Start of Supplied data
-- ===== src/Interop/Response.antt =====
-- The Response of the Server as the Client reads it: hzl_ServerBuildMsgResponse against
-- hzl_ClientProcessReceivedResponse.
use hazelnet.Base.{
  ℕ, ◌+◌, ◌≤◌, ◌≡◌, refl, sym, ◌∙◌, arith, List, [], ◌∷◌, ◌++◌, length, take, write, get_or, slice,
  replicate, length-append,
}
use hazelnet.Base.Buffers.{write-write}
use hazelnet.Base.Fields.{
  concat, total, overwritten, write-next, take-fields, slice-field, get-field, slice-written,
  length-concat, concat-merge,
}
use hazelnet.Endian.{encode_le24, encode_le64}
use hazelnet.Err.{ok}
use hazelnet.Header.{header_len, header_pack}
use hazelnet.Header.RoundTrip.{length-header_pack}
use hazelnet.Message.{aead_init_res}
use hazelnet.Payload.{
  res_client_idx, res_ctrnonce_idx, res_ctrnonce_len, res_resnonce_idx, res_resnonce_len,
  res_ctext_idx, res_ctext_len, res_tag_idx, res_tag_len,
}
use hazelnet.Platform.{
  Platform, Aead, AeadLaws, aead_encrypt_update, aead_encrypt_finish, aead_decrypt_update,
  aead_decrypt_finish,
}
use hazelnet.Server
use hazelnet.Server.Request.{res_header, response_pdu}
use hazelnet.Client
use hazelnet.Client.Response.{decrypt_stk}
use hazelnet.Interop.Request.{small}

pub length-encode_le24 : (v : ℕ) → length (encode_le24 v) ≡ 3
unfolding encode_le24
length-encode_le24 v = refl

module _ (p : Platform) (laws : AeadLaws p.ascon) (header_type gid : ℕ) (s : Server.GroupState)
    (ltk req_nonce : List ℕ) (sid : ℕ) (res_nonce : List ℕ) where
  abbrev hdr_bytes : List ℕ
  hdr_bytes = header_pack header_type (res_header gid)

  abbrev ctr_bytes : List ℕ
  ctr_bytes = encode_le24 s.current_ctr_nonce

  abbrev aead : Aead p
  aead = aead_init_res p ltk (res_header gid) ctr_bytes req_nonce res_nonce sid

  abbrev front : List ℕ
  front = (aead_encrypt_update p aead s.current_stk).1

  abbrev final : List ℕ × List ℕ
  final = aead_encrypt_finish p (aead_encrypt_update p aead s.current_stk).0 res_tag_len

  -- Header, SID of the Client, counter nonce, nonce, encrypted key and tag.
  abbrev pub response_wire : List ℕ
  response_wire =
      concat (hdr_bytes ∷ (sid ∷ []) ∷ ctr_bytes ∷ res_nonce ∷ (front ++ final.0) ∷ final.1 ∷ [])

  abbrev before_key : List (List ℕ)
  before_key = hdr_bytes ∷ (sid ∷ []) ∷ ctr_bytes ∷ res_nonce ∷ []

  length-ciphertext : length (front ++ final.0) ≡ length s.current_stk
  unfolding aead_encrypt_update aead_encrypt_finish
  length-ciphertext = laws.length-encrypt aead s.current_stk res_tag_len

  length-final_tag : length final.1 ≡ 16
  unfolding aead_encrypt_finish
  length-final_tag = laws.length-tag _ res_tag_len

  module _ (known : header_type ≤ 6) (nonce_len : length res_nonce ≡ 8)
      (stk_full : length s.current_stk ≡ 16) where
    hl : header_len header_type ≡ length hdr_bytes
    hl = sym (length-header_pack header_type (res_header gid) known)

    pub response_pdu-wire :
        (buf : List ℕ)
        → length buf ≡ 64
        → let built =
            response_pdu p header_type gid s ltk req_nonce sid (write buf 0 (concat before_key)) in
          (built.data_len ≡ header_len header_type + 44)
          × (take (header_len header_type + 44) built.bytes ≡ response_wire)
    unfolding response_pdu
    response_pdu-wire buf full =
        rw
          (
            slice-written buf (hdr_bytes ∷ (sid ∷ []) ∷ []) ctr_bytes (res_nonce ∷ [])
                (header_len header_type + res_ctrnonce_idx) res_ctrnonce_len (omega (arith, hl))
                (omega (arith, length-encode_le24 s.current_ctr_nonce)) room,
            slice-written buf (hdr_bytes ∷ (sid ∷ []) ∷ ctr_bytes ∷ []) res_nonce []
                (header_len header_type + res_resnonce_idx) res_resnonce_len
                (omega (arith, hl, length-encode_le24 s.current_ctr_nonce)) (omega arith) room,
            write-next buf before_key front (header_len header_type + res_ctext_idx)
                (omega (arith, hl, length-encode_le24 s.current_ctr_nonce)),
            write-next buf (hdr_bytes ∷ (sid ∷ []) ∷ ctr_bytes ∷ res_nonce ∷ front ∷ []) final.0
                (header_len header_type + res_ctext_idx + length front)
                (omega (arith, hl, length-encode_le24 s.current_ctr_nonce)),
            write-next buf (hdr_bytes ∷ (sid ∷ []) ∷ ctr_bytes ∷ res_nonce ∷ front ∷ final.0 ∷ [])
                final.1 (header_len header_type + res_tag_idx)
                (omega (
                  arith,
                  hl,
                  length-encode_le24 s.current_ctr_nonce,
                  length-ciphertext,
                  length-append front final.0,
                )),
          )
          (omega arith, taken)
      where
        room : total before_key ≤ length buf
        room = omega (arith, hl, length-encode_le24 s.current_ctr_nonce, small header_type)

        taken :
            take (header_len header_type + 44) (
              write buf 0 (
                concat (
                  hdr_bytes ∷ (sid ∷ []) ∷ ctr_bytes ∷ res_nonce ∷ front ∷ final.0 ∷ final.1 ∷ [])))
            ≡ response_wire
        taken =
            take-fields buf
              (hdr_bytes ∷ (sid ∷ []) ∷ ctr_bytes ∷ res_nonce ∷ front ∷ final.0 ∷ final.1 ∷ [])
              (header_len header_type + 44)
              (omega (
                arith,
                hl,
                length-encode_le24 s.current_ctr_nonce,
                length-ciphertext,
                length-final_tag,
                length-append front final.0,
              ))
              (omega (arith, small header_type))
            ∙ concat-merge before_key front final.0 (final.1 ∷ [])

    -- The fields of the message, as the Client reads them.
    pub response_wire-client :
        get_or response_wire (header_len header_type + res_client_idx) 0 ≡ sid
    response_wire-client =
        get-field (hdr_bytes ∷ []) sid (ctr_bytes ∷ res_nonce ∷ (front ++ final.0) ∷ final.1 ∷ [])
          (header_len header_type + res_client_idx) 0 (omega (arith, hl))

    pub response_wire-ctrnonce :
        slice (header_len header_type + res_ctrnonce_idx) res_ctrnonce_len response_wire ≡ ctr_bytes
    response_wire-ctrnonce =
        slice-field (hdr_bytes ∷ (sid ∷ []) ∷ []) ctr_bytes
          (res_nonce ∷ (front ++ final.0) ∷ final.1 ∷ [])
          (header_len header_type + res_ctrnonce_idx) res_ctrnonce_len (omega (arith, hl))
          (omega (arith, length-encode_le24 s.current_ctr_nonce))

    response_wire-resnonce :
        slice (header_len header_type + res_resnonce_idx) res_resnonce_len response_wire ≡ res_nonce
    response_wire-resnonce =
        slice-field (hdr_bytes ∷ (sid ∷ []) ∷ ctr_bytes ∷ []) res_nonce
          ((front ++ final.0) ∷ final.1 ∷ []) (header_len header_type + res_resnonce_idx)
          res_resnonce_len (omega (arith, hl, length-encode_le24 s.current_ctr_nonce)) (omega arith)

    response_wire-ctext :
        slice (header_len header_type + res_ctext_idx) res_ctext_len response_wire
        ≡ front ++ final.0
    response_wire-ctext =
        slice-field before_key (front ++ final.0) (final.1 ∷ [])
          (header_len header_type + res_ctext_idx) res_ctext_len
          (omega (arith, hl, length-encode_le24 s.current_ctr_nonce))
          (omega (arith, length-ciphertext))

    response_wire-tag :
        slice (header_len header_type + res_tag_idx) res_tag_len response_wire ≡ final.1
    response_wire-tag =
        slice-field (hdr_bytes ∷ (sid ∷ []) ∷ ctr_bytes ∷ res_nonce ∷ (front ++ final.0) ∷ [])
          final.1 [] (header_len header_type + res_tag_idx) res_tag_len
          (omega (arith, hl, length-encode_le24 s.current_ctr_nonce, length-ciphertext))
          (omega (arith, length-final_tag))

    pub length-response_wire : length response_wire ≡ header_len header_type + 44
    length-response_wire = omega (
      arith,
      hl,
      length-encode_le24 s.current_ctr_nonce,
      length-ciphertext,
      length-final_tag,
      length-concat
          (hdr_bytes ∷ (sid ∷ []) ∷ ctr_bytes ∷ res_nonce ∷ (front ++ final.0) ∷ final.1 ∷ []),
    )

    decrypted :
        let d = aead_decrypt_update p aead (front ++ final.0) in
        let (err, right) = aead_decrypt_finish p d.0 final.1 in
        (d.1 ++ right ≡ s.current_stk) × (err ≡ ok)
    unfolding aead_decrypt_update aead_decrypt_finish aead_encrypt_update aead_encrypt_finish
    decrypted = ground (arith, laws.decrypt-encrypt aead s.current_stk res_tag_len)

    -- The Client decrypts the Server's key.
    pub decrypt_stk-response_wire :
        (config : Client.ClientConfig) (request_nonce : ℕ)
        → config.header_type ≡ header_type
        → config.ltk ≡ ltk
        → encode_le64 request_nonce ≡ req_nonce
        → decrypt_stk p config (res_header gid) request_nonce response_wire ≡ (ok, s.current_stk)
    unfolding decrypt_stk
    decrypt_stk-response_wire config request_nonce same_type same_ltk same_nonce =
        simp
          (
            same_type, same_ltk, same_nonce, response_wire-client, response_wire-ctrnonce,
            response_wire-resnonce, response_wire-ctext, response_wire-tag,
          )
          (ground (
            arith,
            decrypted,
            whole,
            write-write (replicate 16 0) 0
                (length (aead_decrypt_update p aead (front ++ final.0)).1)
                (aead_decrypt_update p aead (front ++ final.0)).1
                (aead_decrypt_finish p (aead_decrypt_update p aead (front ++ final.0)).0 final.1).1
                (omega arith),
          ))
      where
        whole : write (replicate 16 0) 0 s.current_stk ≡ s.current_stk
        whole = overwritten (replicate 16 0) s.current_stk (omega arith)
End of Supplied data
**Work required**
Wherever a line of the data holds "append", copy that line.

**Solution for this problem**
  replicate, length-append,
                  length-append front final.0,
                length-append front final.0,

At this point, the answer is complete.